Главное, чтобы меня не прикончил Ламбразони. Итальянцы, они вообще с приветом, а этот вдобавок контуженный. После истории в катере остальные на меня смотрели снисходительно-дружески, а Ламбразони почему-то еще больше возненавидел.
Или я его прикончу, или он меня.
Одно радует: пока рядом черная ряшка Мбопы, ничего мне не грозит.
— Самый разумный путь — идти на север вдоль берега, — сказал тем временем генерал. — Мимо Нкота-Кота не пройдем, так что…
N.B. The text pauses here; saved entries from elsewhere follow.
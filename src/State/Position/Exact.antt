-- ===== src/State/Position/Exact.antt =====
-- Playing a move keeps a position valid and every key exact: the keys that are updated step by
-- step are those of a recomputation, as the tests of position.rs check on random games.
mod Steps
use attic_shogi.Prelude.{
  ℕ, ◌+◌, ◌%◌, ◌^◌, ◌<◌, bit_xor, ◌≡◌, refl, sym, arith, ap, ◌∙◌, Bool, Option, none, some,
}
use attic_shogi.State.Piece.{Color, black, white, flip, Piece}
use attic_shogi.State.Board.{get}
use attic_shogi.State.Move.{Move}
use attic_shogi.State.Key.{side}
use attic_shogi.State.Position.Types.{
  CheckOps, StateInfo, Position, Undo, capture_root, base_state, prev_state-capture_root,
  capture_root_lem,
}
use attic_shogi.State.Position.Moves.{
  ◌>>=◌, piece_before_move, apply_drop, apply_board, apply_move, finish_move, do_move_with_check,
}
use attic_shogi.State.Position.Valid.{
  IsPosition, Playable, drop, board, FitsDrop, FitsBoard, rooted-IsPosition, rooted-Playable,
}
use attic_shogi.State.Position.Hash.{recomputed_board_key, IsExact}
use Steps.{
  apply_drop-IsPosition, apply_drop-IsExact, apply_board-IsPosition, apply_board-IsExact,
  apply_board-turn, board_key_turned,
}

module _ {Info : Type 0} (ops : CheckOps Info) (m : Move) (check : Bool) (prev : StateInfo) where
  finish_move-IsPosition :
      (c : Color) (pos : Position Info)
      → IsPosition pos
      → IsPosition (finish_move ops m check c prev pos)
  unfolding finish_move
  finish_move-IsPosition c pos v = record {
    board = v.board;
    hands = v.hands;
    ply = omega arith;
    hand_key = v.hand_key;
  }

  finish_move-IsExact :
      (c : Color) (pos : Position Info)
      → pos.side_to_move ≡ c
      → IsExact pos
      → IsExact (finish_move ops m check c prev pos)
  unfolding finish_move
  finish_move-IsExact c pos e x = record {
    board_key =
        ap (λ (k : ℕ). bit_xor k side) (x.board_key ∙ ap (recomputed_board_key pos.board) e)
        ∙ sym (board_key_turned pos.board c);
    hand_key = x.hand_key;
    pawn_key = x.pawn_key;
    minor_piece_key = x.minor_piece_key;
    non_pawn_key = x.non_pawn_key;
  }

  -- The result of a move's own step is valid and exact, and still on the turn of the mover.
  abbrev Stepped : Position Info → Type 0
  Stepped pos =
      (applied : Position Info) × (u : Undo) × (apply_move m pos ≡ some (applied, u))
      × (applied.side_to_move ≡ pos.side_to_move)
      × IsPosition applied
      × IsExact applied

  played-Stepped :
      {pos : Position Info} → IsPosition pos → Playable pos m → IsExact pos → Stepped pos
  played-Stepped {pos} v (drop k dst fits) x = (
    apply_drop k dst pos,
    none,
    unfold apply_move in rw (fits.drop, fits.target, fits.kind) refl,
    unfold apply_drop in refl,
    apply_drop-IsPosition v fits,
    apply_drop-IsExact v fits x,
  )
  played-Stepped {pos} v (board src dst after fits) x = (
    apply_board src dst (piece_before_move m after) after pos,
    get pos.board dst,
    unfold apply_move in rw (fits.board_move, fits.target, fits.origin, fits.piece) refl,
    apply_board-turn v fits,
    apply_board-IsPosition v fits,
    apply_board-IsExact v fits x,
  )

module _ {Info : Type 0} where
  rooted-IsExact : (pos : Position Info) → IsExact pos → IsExact (capture_root pos)
  rooted-IsExact pos x = rw (capture_root_lem pos) (record {
    board_key = x.board_key;
    hand_key = x.hand_key;
    pawn_key = x.pawn_key;
    minor_piece_key = x.minor_piece_key;
    non_pawn_key = x.non_pawn_key;
  })

  -- A playable move in a valid position with exact keys is played without a panic, whatever the
  -- check flag, and the position after it is valid and has exact keys: the incremental board, hand,
  -- pawn, minor piece and non-pawn keys are those of a recomputation.
  pub do_move-IsExact :
      (ops : CheckOps Info) (pos : Position Info) (m : Move) (check : Bool)
      → IsPosition pos
      → IsExact pos
      → Playable pos m
      → (after : Position Info) × (u : Undo) × (do_move_with_check ops pos m check
          ≡ some (after, u))
        × IsPosition after
        × IsExact after
  unfolding do_move_with_check
  do_move-IsExact ops pos m check v x p =
      let rooted = capture_root pos in
      let prev = base_state pos in
      let (applied, u, played, turn, valid, exact) =
        played-Stepped ops m check prev (rooted-IsPosition pos v) (rooted-Playable pos m p)
          (rooted-IsExact pos x) in
      let same : applied.side_to_move ≡ pos.side_to_move =
        turn ∙ ap (λ (q : Position Info). q.side_to_move) (capture_root_lem pos) in
      (
        finish_move ops m check pos.side_to_move prev applied,
        u,
        rw (prev_state-capture_root pos, played) refl,
        finish_move-IsPosition ops m check prev pos.side_to_move applied valid,
        finish_move-IsExact ops m check prev pos.side_to_move applied same exact,
      )
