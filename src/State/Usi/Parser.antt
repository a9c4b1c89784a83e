-- ===== src/State/Usi/Parser.antt =====
-- `parse_usi_move` of crates/attic-state/src/move_.rs.
use attic_shogi.Prelude.{
  ℕ, ◌-◌, Bool, true, false, not, ◌&&◌, ◌==◌, leb, if◌then◌else◌, List, Option, none, some, length,
  get_or, get_elem?,
}
use attic_shogi.Prelude.Result.{Result, ok, err, ◌>>=◌}
use attic_shogi.State.Piece.{PieceKind, pawn, lance, knight, silver, gold, bishop, rook, Piece}
use attic_shogi.State.Square
use attic_shogi.State.Square.{Square}
use attic_shogi.State.Board.{get}
use attic_shogi.State.Move.{Move, make, make_promote, make_drop}
use attic_shogi.State.Position.Types.{Position}

abbrev pub Text : Type 0
Text = List ℕ

-- `UsiMoveParseError`.
pub data ParseError : Type 0 where
  empty : ParseError
  invalid_length : ℕ → ParseError
  invalid_file : ℕ → ParseError
  invalid_rank : ℕ → ParseError
  invalid_drop_piece : ℕ → ParseError
  invalid_promotion_marker : ℕ → ParseError
  empty_from_square : ParseError
  promote_already_promoted : ParseError

-- `ok_or`.
abbrev pub ok_or {ℓ κ} : {E : Type ℓ} {A : Type κ} → Option A → E → Result E A
ok_or none e = err e
ok_or (some a) e = ok a

unfoldable pub parse_square : (file_byte rank_byte : ℕ) → Result ParseError Square
parse_square file_byte rank_byte =
    if not (leb b'1' file_byte && leb file_byte b'9')
    then err (invalid_file file_byte)
    else if not (leb b'a' rank_byte && leb rank_byte b'i')
    then err (invalid_rank rank_byte)
    else ok_or (Square.new (file_byte - b'1') (rank_byte - b'a')) (invalid_file file_byte)

unfoldable pub parse_drop_piece : ℕ → Result ParseError PieceKind
parse_drop_piece byte =
    if byte == b'P'
    then ok pawn
    else if byte == b'L'
    then ok lance
    else if byte == b'N'
    then ok knight
    else if byte == b'S'
    then ok silver
    else if byte == b'G'
    then ok gold
    else if byte == b'B'
    then ok bishop
    else if byte == b'R'
    then ok rook
    else err (invalid_drop_piece byte)

-- The match on `bytes.get(4)`.
abbrev pub parse_marker : Option ℕ → Result ParseError Bool
parse_marker none = ok false
parse_marker (some c) = if c == b'+' then ok true else err (invalid_promotion_marker c)

-- The last step, on the piece that stands on the origin.
abbrev pub encode : (src dst : Square) → Bool → Piece → Result ParseError Move
encode src dst promote p =
    if promote
    then (if p.promoted then err promote_already_promoted else ok (make_promote src dst p))
    else ok (make src dst p)

module _ {Info : Type 0} where
  -- A board move of a text of four or five bytes.
  unfoldable pub parse_board_move : Text → Position Info → Result ParseError Move
  unfolding parse_square
  parse_board_move s pos = do
    src ← parse_square (get_or s 0 0) (get_or s 1 0)
    dst ← parse_square (get_or s 2 0) (get_or s 3 0)
    promote ← parse_marker (get_elem? s 4)
    piece ← ok_or (get pos.board src) empty_from_square
    encode src dst promote piece

  unfoldable pub parse_drop : Text → Position Info → Result ParseError Move
  unfolding parse_square parse_drop_piece
  parse_drop s pos = do
    kind ← parse_drop_piece (get_or s 0 0)
    dst ← parse_square (get_or s 2 0) (get_or s 3 0)
    ok (make_drop kind pos.side_to_move dst)

  unfoldable pub parse_usi_move : Text → Position Info → Result ParseError Move
  unfolding parse_board_move parse_drop
  parse_usi_move s pos =
      if length s == 0
      then err empty
      else if length s == 4 && get_or s 1 0 == b'*'
      then parse_drop s pos
      else if not (length s == 4) && not (length s == 5)
      then err (invalid_length (length s))
      else parse_board_move s pos
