-- ===== src/State/Usi/Printer.antt =====
-- `format_usi_move` of crates/attic-state/src/move_.rs.
use attic_shogi.Prelude.{ℕ, ◌+◌, if◌then◌else◌, [], ◌∷◌, ◌++◌, Option, none, some}
use attic_shogi.State.Piece.{PieceKind, pawn, lance, knight, silver, gold, bishop, rook, king}
use attic_shogi.State.Square.{Square, file, rank}
use attic_shogi.State.Move.{Move, is_drop, is_promote, to_sq, from_sq, dropped_piece_kind}
use attic_shogi.State.Position.Moves.{◌>>=◌}
use attic_shogi.State.Usi.Parser.{Text}

-- `none` is the panic on a king.
unfoldable pub drop_letter : PieceKind → Option ℕ
drop_letter pawn = some b'P'
drop_letter lance = some b'L'
drop_letter knight = some b'N'
drop_letter silver = some b'S'
drop_letter gold = some b'G'
drop_letter bishop = some b'B'
drop_letter rook = some b'R'
drop_letter king = none

abbrev pub file_to_usi : ℕ → ℕ
file_to_usi f = b'1' + f

abbrev pub rank_to_usi : ℕ → ℕ
rank_to_usi r = b'a' + r

abbrev pub square_to_usi : Square → Text
square_to_usi s = file_to_usi (file s) ∷ rank_to_usi (rank s) ∷ []

-- `format_usi_move`; `none` is a panic of a reader or of `drop_letter`.
unfoldable pub format_usi_move : Move → Option Text
unfolding drop_letter
format_usi_move m =
    if is_drop m
    then (do
      kind ← dropped_piece_kind m
      letter ← drop_letter kind
      dst ← to_sq m
      some (letter ∷ b'*' ∷ square_to_usi dst))
    else (do
      src ← from_sq m
      dst ← to_sq m
      some (square_to_usi src ++ (square_to_usi dst ++ (if is_promote m then b'+' ∷ [] else []))))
Мы ковыляли по песку, представляя собой жалкое зрелище. Четверо утопленников, которые по какой-то причине не утонули на все сто и теперь топают куда-то помирать окончательно. Любой придурок с автоматом или даже с пистолетом, выйди он сейчас из прибрежных зарослей, сделал бы нас своей легкой добычей. Правда, это была нейтральная территория, бывшая малавийская. К северу помещались войска Нкелеле, а тут, насколько я знал, была спорная земля, по которой бродили летучие отряды и случайно выжившие местные жители. Вспомнив о местных жителях, я тут же освежил в памяти деревеньку людоедов, и меня передернуло.
Зверски хотелось есть — наверное, от переживаний и стрессов последних часов. Путешествие, начинавшееся так радужно, с кондиционированного воздуха в отеле и посещения ресторанов, заканчивалось плачевно. Хотя почему заканчивалось? Еще очень много плохого может с нами случиться!
— Здесь растет ямс, — подал голос Абе. Тоже проголодался, надо думать. — И маниока.
— Некогда, — буркнул генерал. — Поищи бананов и не углубляйся в чащу. Стоп! Ламбразони, иди с ним. Я постерегу журналиста.
— Ой, да не надо меня стеречь! — вспылил я, насколько мне хватило сил (признаюсь, хватило ненамного).
— Я так… успокоить Ламбразони, — примирительно сказал Мбопа, глядя вслед удаляющимся соратникам. — Садитесь.
Мы уселись на песок.
— Генерал, вам все это не надоело? — искренне спросил я, не имея ни сил, ни желания утяжелять нашу беседу подтекстом.